It’s easy to get wrapped up in our modern concerns, from the new iPhone to troubles in the car industry. The world is moving a mile a minute and technology is moving faster. But people all over the world are choosing to abandon the fast pace and opt instead for a simpler way of life.
Some have become part of a new breed of nomads in Europe. They travel the countryside without modern transportation, stopping for short amounts of time (usually illegally), before saddling up and moving on.
Unrelated to the Roma people, many of these folks have lived in caravans pulled by horses since the 1980s, inspired by the anarchic and punk ethos that flourished in England at that time. In his recent book, “The New Gypsies,” veteran photographer Iain McKell presents a beautiful series of photographs documenting this ragtag community.
McKell began photographing the group in 1985 when he saw them on TV participating in a standoff with the police at Stonehenge. He got a press pass and went into the camp, where he spoke with people and took portraits. McKell says he was interested in the juxtaposition of counterculture against a backdrop of beautiful nature.
Sixteen years later, McKell decided to start documenting them again in an effort to get out of the city and work on something new. “Initially, they thought I was a tourist,” he tells Business Insider. But eventually, he won them over with prints of his work and a bottle of Jack Daniels. He would photograph them for the next nine years.

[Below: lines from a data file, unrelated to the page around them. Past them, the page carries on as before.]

-- ===== src/SelectiveQueue/Plan.antt =====
-- Which episode files a rule still wants (app/services/selective_queue.py, with MediaType of
-- app/models.py and normalize_jellyfin_episode_keys of app/services/rule_builder.py).
pub mod Laws
use q_bittorrent_rss_rules.Prelude.{
  ℕ, zero, suc, ◌+◌, ◌-◌, Bool, true, false, ◌&&◌, ◌||◌, not, Option, none, some, List, [], ◌∷◌,
  ◌++◌, leb, ltb, ◌=?◌, if◌then◌else◌, contains, text_eq, any,
}
use q_bittorrent_rss_rules.Prelude.Text.{Text}
use q_bittorrent_rss_rules.Prelude.Unicode.{Unicode}
use q_bittorrent_rss_rules.WatchState.Keys.{
  Episode, format_episode_key, normalize_watch_state_episode_keys,
}
use q_bittorrent_rss_rules.SelectiveQueue.Ranges.{Range, episode_matches_for_path}
use q_bittorrent_rss_rules.SelectiveQueue.Files.{TorrentFileEntry, is_video_file}

pub data MediaType : Type 0 where
  series movie audiobook music other : MediaType

-- The columns of `Rule` that the queue reads; a list that is not set is empty.
pub record Rule : Type 0 where
  pub media_type : MediaType
  pub start_season : Option ℕ
  pub start_episode : Option ℕ
  pub jellyfin_search_existing_unseen : Bool
  pub jellyfin_watched_episode_numbers : List Text
  pub jellyfin_known_episode_numbers : List Text
  pub jellyfin_existing_episode_numbers : List Text

-- The excluded keys are a set: only membership is asked.
pub record EpisodeFileSelectionPlan : Type 0 where
  pub floor : Episode
  pub excluded_episode_keys : List Text

pub record EpisodeFileSelectionResult : Type 0 where
  pub selected_file_ids : List ℕ
  pub parsed_episode_file_count : ℕ
  pub skipped_episode_file_count : ℕ

-- `(a, b) >= (c, d)`
unfoldable pub episode_geb : Episode → Episode → Bool
episode_geb (a, b) (c, d) = ltb c a || a =? c && leb d b

-- The loop over the episodes of a range: `count` of them from `episode` on.
unfoldable pub accepts_from : EpisodeFileSelectionPlan → ℕ → ℕ → ℕ → Bool
unfolding episode_geb format_episode_key text_eq
accepts_from plan season episode zero = false
accepts_from plan season episode (suc count) =
    let rest = accepts_from plan season (suc episode) count in
    if contains plan.excluded_episode_keys (format_episode_key season episode)
    then rest
    else if episode_geb (season, episode) plan.floor
    then true
    else rest

unfoldable pub selection_plan_accepts_episode_range : EpisodeFileSelectionPlan → Range → Bool
unfolding accepts_from
selection_plan_accepts_episode_range plan (season, start, end) =
    accepts_from plan season start (end + 1 - start)

module _ ⦃u : Unicode⦄ where
  unfoldable pub normalize_jellyfin_episode_keys : List Text → List Text
  unfolding normalize_watch_state_episode_keys
  normalize_jellyfin_episode_keys value = normalize_watch_state_episode_keys value

  -- The three cases of the excluded keys.
  unfoldable pub excluded_keys : Rule → Bool → List Text
  unfolding normalize_jellyfin_episode_keys
  excluded_keys rule include_existing_unwatched =
      if include_existing_unwatched
      then normalize_jellyfin_episode_keys rule.jellyfin_watched_episode_numbers
      else if rule.jellyfin_search_existing_unseen
      then normalize_jellyfin_episode_keys rule.jellyfin_watched_episode_numbers
      else normalize_jellyfin_episode_keys
          (rule.jellyfin_known_episode_numbers ++ rule.jellyfin_existing_episode_numbers)

  -- The plan for a floor that may be missing.
  unfoldable pub plan_for_floor :
      Rule → Bool → Option ℕ → Option ℕ → Option EpisodeFileSelectionPlan
  unfolding excluded_keys
  plan_for_floor rule existing (some season) (some episode) =
      some
        (record { floor = (season, episode); excluded_episode_keys = excluded_keys rule existing })
  plan_for_floor rule existing none episode = none
  plan_for_floor rule existing (some season) none = none

  unfoldable pub plan_for_media : Rule → Bool → MediaType → Option EpisodeFileSelectionPlan
  unfolding plan_for_floor
  plan_for_media rule existing series =
      plan_for_floor rule existing rule.start_season rule.start_episode
  plan_for_media rule existing _ = none

  unfoldable pub episode_file_selection_plan : Rule → Bool → Option EpisodeFileSelectionPlan
  unfolding plan_for_media
  episode_file_selection_plan rule include_existing_unwatched =
      plan_for_media rule include_existing_unwatched rule.media_type

  unfoldable pub build_episode_file_selection_plan : Rule → Option EpisodeFileSelectionPlan
  unfolding episode_file_selection_plan
  build_episode_file_selection_plan rule = episode_file_selection_plan rule false

  -- One round of the loop, given what the later files add.
  unfoldable pub select_entry :
      EpisodeFileSelectionPlan
      → TorrentFileEntry
      → List Range
      → EpisodeFileSelectionResult
      → EpisodeFileSelectionResult
  unfolding selection_plan_accepts_episode_range
  select_entry plan entry [] rest = rest
  select_entry plan entry (m ∷ matches) rest =
      if any (selection_plan_accepts_episode_range plan) (m ∷ matches)
      then record {
        selected_file_ids = entry.file_id ∷ rest.selected_file_ids;
        parsed_episode_file_count = suc rest.parsed_episode_file_count;
        skipped_episode_file_count = rest.skipped_episode_file_count;
      }
      else record {
        selected_file_ids = rest.selected_file_ids;
        parsed_episode_file_count = suc rest.parsed_episode_file_count;
        skipped_episode_file_count = suc rest.skipped_episode_file_count;
      }

  unfoldable pub select_missing_episode_file_ids :
      List TorrentFileEntry → EpisodeFileSelectionPlan → EpisodeFileSelectionResult
  unfolding select_entry episode_matches_for_path is_video_file
  select_missing_episode_file_ids [] plan = record {
    selected_file_ids = [];
    parsed_episode_file_count = 0;
    skipped_episode_file_count = 0;
  }
  select_missing_episode_file_ids (entry ∷ files) plan =
      let rest = select_missing_episode_file_ids files plan in
      if is_video_file entry.path
      then select_entry plan entry (episode_matches_for_path entry.path) rest
      else rest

McKell says that these new-age nomads make money working festivals around Europe. “They’re not in your face, there’s no posturing. They do their thing quietly, 24/7,” McKell explains. “They have fully bought in to being free.”
The nomads especially reject the world’s dependency on oil-burning modes of transportation, doing so by travelling by horse only. He tells us that they love the slow lifestyle.
They have a deep respect for their animals. McKell adds that when they are travelling, the horses pull the wagons and the people walk beside them instead of riding them. “They understand that humans are just another animal,” McKell says.
And they haven’t rejected all technology. Many have portable phones and laptops. McKell recalls a time when he sat with a group of the travellers inside a caravan and watched a popular British television show.
The travellers and the scene they create is so visually striking that, along the way, McKell was commissioned to shoot supermodel Kate Moss hanging out with the travellers for V Magazine.
McKell says that he is often asked about the children living in these camps. He explains that they have a unique time and learn to work hard, but that they are educated and are never mistreated.
They play chess, read, draw, and create their own games.
McKell recalls a time when he walked with a young girl who listed off all the names of the flowers they encountered on the trail. “They’re more connected to nature,” McKell says.
For McKell, the project was a way of looking into another world, or a “tribe” as he puts it, one different from his own. He says he was an observer, “documenting something important.”